2012-03-19 Thread Tim Brody
On Sun, 2012-03-18 at 21:28 +0900, Andrew A. Adams wrote:
 David Prosser wrote:
  Say I wanted to data mine 10,000 articles.  I'm at a university, but I am c=
  o-funded by a pharmaceutical company and there is a possibility that the re=
  search that I'm doing may result in a new drug discovery, which that compan=
  y will want to take to market.  The 10,000 articles are all 'open access', =
  but they are under CC-BY-NC-SA licenses.  What mechanism is there by which =
  I can contact all 10,000 authors and gain permission for my research?
 
 
 The intent of CC-NC is that one cannot take the original material, re-mix it 
 (or even just as-is) and sell the resulting new work. It does not mean that 
 the information it contains cannot be used in a commercial setting, but that 
 the expression it contains cannot be used in a commercial setting. A simple 
 example is that a CC-NC licensed book cannot be recorded as an audio play 
 which is then sold. If one makes an audio book it must be available for free. 
 However, copies of a CC-NC book can be distributed to students who are paying 
 for a course in English literature as one of the books studied.

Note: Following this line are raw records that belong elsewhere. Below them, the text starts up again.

-- ===== src/CheckOrder/Acceptance.antt =====
-- The rules of a new guard, each as the breach that it rejects, in terms of the state alone.
use kite_mcp_riskguard.Prelude.{
  ◌≡◌, ◌≢◌, ◌⊎◌, ◌<◌, Bool, true, false, Option, none, some, String, length, ltb, if◌then◌else◌,
}
use kite_mcp_riskguard.Prelude.Int.{ℤ, pos, neg_ℤ, ◌≤ℤ◌, ◌<ℤ◌}
use kite_mcp_riskguard.Env.{Env, Time}
use kite_mcp_riskguard.Calendar.{in_ist, reset_time, add_duration}
use kite_mcp_riskguard.Model.{
  OrderCheckRequest, RecentOrder, State, Reading, UserLimits, UserTracker,
}
use kite_mcp_riskguard.Limits.{get_effective_limits}
use kite_mcp_riskguard.Lifecycle.{is_frozen, prune}
use kite_mcp_riskguard.Trackers.{get_or_create_tracker}
use kite_mcp_riskguard.PerSecond.{current_count, max_orders_per_second}
use kite_mcp_riskguard.Dedup.{seen_or_add}
use kite_mcp_riskguard.Checks.Values.{notional, anomaly_baseline_days}
use kite_mcp_riskguard.Checks.Rates.{find_duplicate, prune_params, seconds_back}
use kite_mcp_riskguard.Checks.Hours.{is_amo_variety}
use kite_mcp_riskguard.Checks.BandLaws.{IsOutsideBand}
use kite_mcp_riskguard.Checks.HoursLaws.{InSession, InNight}
pub mod Rules
pub mod Given
pub mod Reasons
pub mod Verdict

module _ (E : Env) (req : OrderCheckRequest E) where
  open E use {literal, add, greater_than, is_positive, is_zero, f_add, f_mul, f_lt, f_le, to_float}

  abbrev pub lowered : String
  lowered = E.to_lower req.email

  -- The user's limits; the checks that are given the lowered email lower it again.
  abbrev pub own_limits : State E → UserLimits E
  own_limits st = get_effective_limits E req.email st

  abbrev pub lowered_limits : State E → UserLimits E
  lowered_limits st = get_effective_limits E lowered st

  abbrev pub IsUnconfirmed : State E → Type 0
  IsUnconfirmed st = ((own_limits st).require_confirm_all_orders ≡ true) × (req.confirmed ≡ false)

  abbrev pub IsTooLarge : State E → Type 0
  IsTooLarge st =
      (is_positive req.price ≡ true)
      × (greater_than (notional E req) (own_limits st).max_single_order_inr ≡ some true)

  abbrev pub IsUnfunded : State E → Type 0
  IsUnfunded st = elim st.margin_lookup [
    | none ↦ ⊥
    | some get_available_margin ↦
        let (available, found) = get_available_margin st.world req.email in
        (st.margin_check_enabled ≡ true)
        × (is_positive req.price ≡ true)
        × (pos 0 <ℤ req.quantity)
        × (found ≡ true)
        × (f_lt available (to_float (notional E req)) ≡ true)
  ]

  abbrev pub IsOutsideCircuit : State E → Type 0
  IsOutsideCircuit st = elim st.circuit_lookup [
    | none ↦ ⊥
    | some get_circuit_limits ↦
        let (lower, upper, found) = get_circuit_limits st.world req.exchange req.tradingsymbol in
        (is_positive req.price ≡ true)
        × (found ≡ true)
        × (f_le upper (literal 0 0) ≡ false)
        × ((f_lt (to_float req.price) lower ≡ true) ⊎ (f_lt upper (to_float req.price) ≡ true))
  ]

  abbrev pub IsOverFreezeQuantity : State E → Type 0
  IsOverFreezeQuantity st = elim st.freeze_lookup [
    | none ↦ ⊥
    | some get_freeze_quantity ↦
        let (freeze_qty, found) = get_freeze_quantity st.world req.exchange req.tradingsymbol in
        (req.exchange ≢ "")
        × (req.tradingsymbol ≢ "")
        × (found ≡ true)
        × (0 < freeze_qty)
        × ((req.quantity <ℤ pos 0) ⊎ (pos freeze_qty <ℤ req.quantity))
  ]

  -- What counts of the tracker on the day of the instant: nothing, if a 09:15 IST has passed since its last reset.
  abbrev pub of_today : {A : Type 0} → Reading → State E → A → (UserTracker E → A) → A
  of_today now st nothing counted =
      let t = get_or_create_tracker E lowered now.wall st in
      if ltb (in_ist t.day_reset_at) (reset_time (in_ist now.clock)) then nothing else counted t

  abbrev pub IsDayFull : Reading → State E → Type 0
  IsDayFull now st =
      (lowered_limits st).max_orders_per_day ≤ℤ of_today now st (pos 0) (λ t. t.daily_order_count)

  abbrev pub IsSecondFull : Reading → State E → Type 0
  IsSecondFull now st = elim st.per_second [
    | none ↦ ⊥
    | some c ↦ max_orders_per_second ≤ℤ current_count lowered now.clock c
  ]

  abbrev pub IsMinuteFull : Reading → State E → Type 0
  IsMinuteFull now st =
      let cutoff = add_duration now.wall (neg_ℤ (pos 60000000000)) in
      let orders = (get_or_create_tracker E lowered now.wall st).recent_orders in
      (lowered_limits st).max_orders_per_minute ≤ℤ pos (length (prune cutoff orders))

  abbrev pub IsKeyReused : Reading → State E → Type 0
  IsKeyReused now st = elim st.dedup [
    | none ↦ ⊥
    | some d ↦
        (req.client_order_id ≢ "")
        × ((seen_or_add E lowered req.client_order_id now.dedup_clock d).0 ≡ true)
  ]

  abbrev pub IsRepeated : Reading → State E → Type 0
  IsRepeated now st =
      let window = (lowered_limits st).duplicate_window_secs in
      let orders = (get_or_create_tracker E lowered now.wall st).recent_params in
      (pos 0 <ℤ window)
      × ((p : RecentOrder) × (find_duplicate E req
              (prune_params E (add_duration now.wall (seconds_back window)) orders)
            ≡ some p))

  -- The day's value with the order on top, where Money can add and compare it, exceeds the cap.
  abbrev pub IsDayValueFull : Reading → State E → Type 0
  IsDayValueFull now st =
      let placed = of_today now st E.money_zero (λ t. t.daily_placed_value) in
      let total = if is_zero placed then some (notional E req) else add placed (notional E req) in
      (is_positive req.price ≡ true)
      × ((v : E.Money) × (total ≡ some v)
          × (greater_than v (lowered_limits st).max_daily_value_inr ≡ some true))

  abbrev pub IsAnomalous : State E → Type 0
  IsAnomalous st = elim st.baseline [
    | none ↦ ⊥
    | some user_order_stats ↦
        let (mean, stdev, _) = user_order_stats st.world lowered (anomaly_baseline_days E) in
        let value = to_float (notional E req) in
        (is_positive req.price ≡ true)
        × (f_le mean (literal 0 0) ≡ false)
        × (f_lt (f_add mean (f_mul (literal 30 1) stdev)) value ≡ true)
        × (f_lt (f_mul (literal 100 1) mean) value ≡ true)
  ]

  abbrev pub IsInOffHours : Reading → State E → Type 0
  IsInOffHours now st = ((own_limits st).allow_off_hours ≡ false) × InNight (in_ist now.clock)

  abbrev pub IsMarketClosed : Reading → Type 0
  IsMarketClosed now = (is_amo_variety req.variety ≡ false) × ¬ InSession (in_ist now.clock)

I don't understand this concern about 'NC' (non-commercial). I
understood that the give-away open access literature was given-away by
authors precisely because the motivation for publishing publicly funded
research is not for direct commercial gain. Instead, authors derive
impact from others reading and citing their work.

If a company were to create and sell an audio version of a research work
then that increases the author's impact. That doesn't preclude someone
else creating a for-free audio version, nor readers accessing the
original self-archived or gold-OA text version.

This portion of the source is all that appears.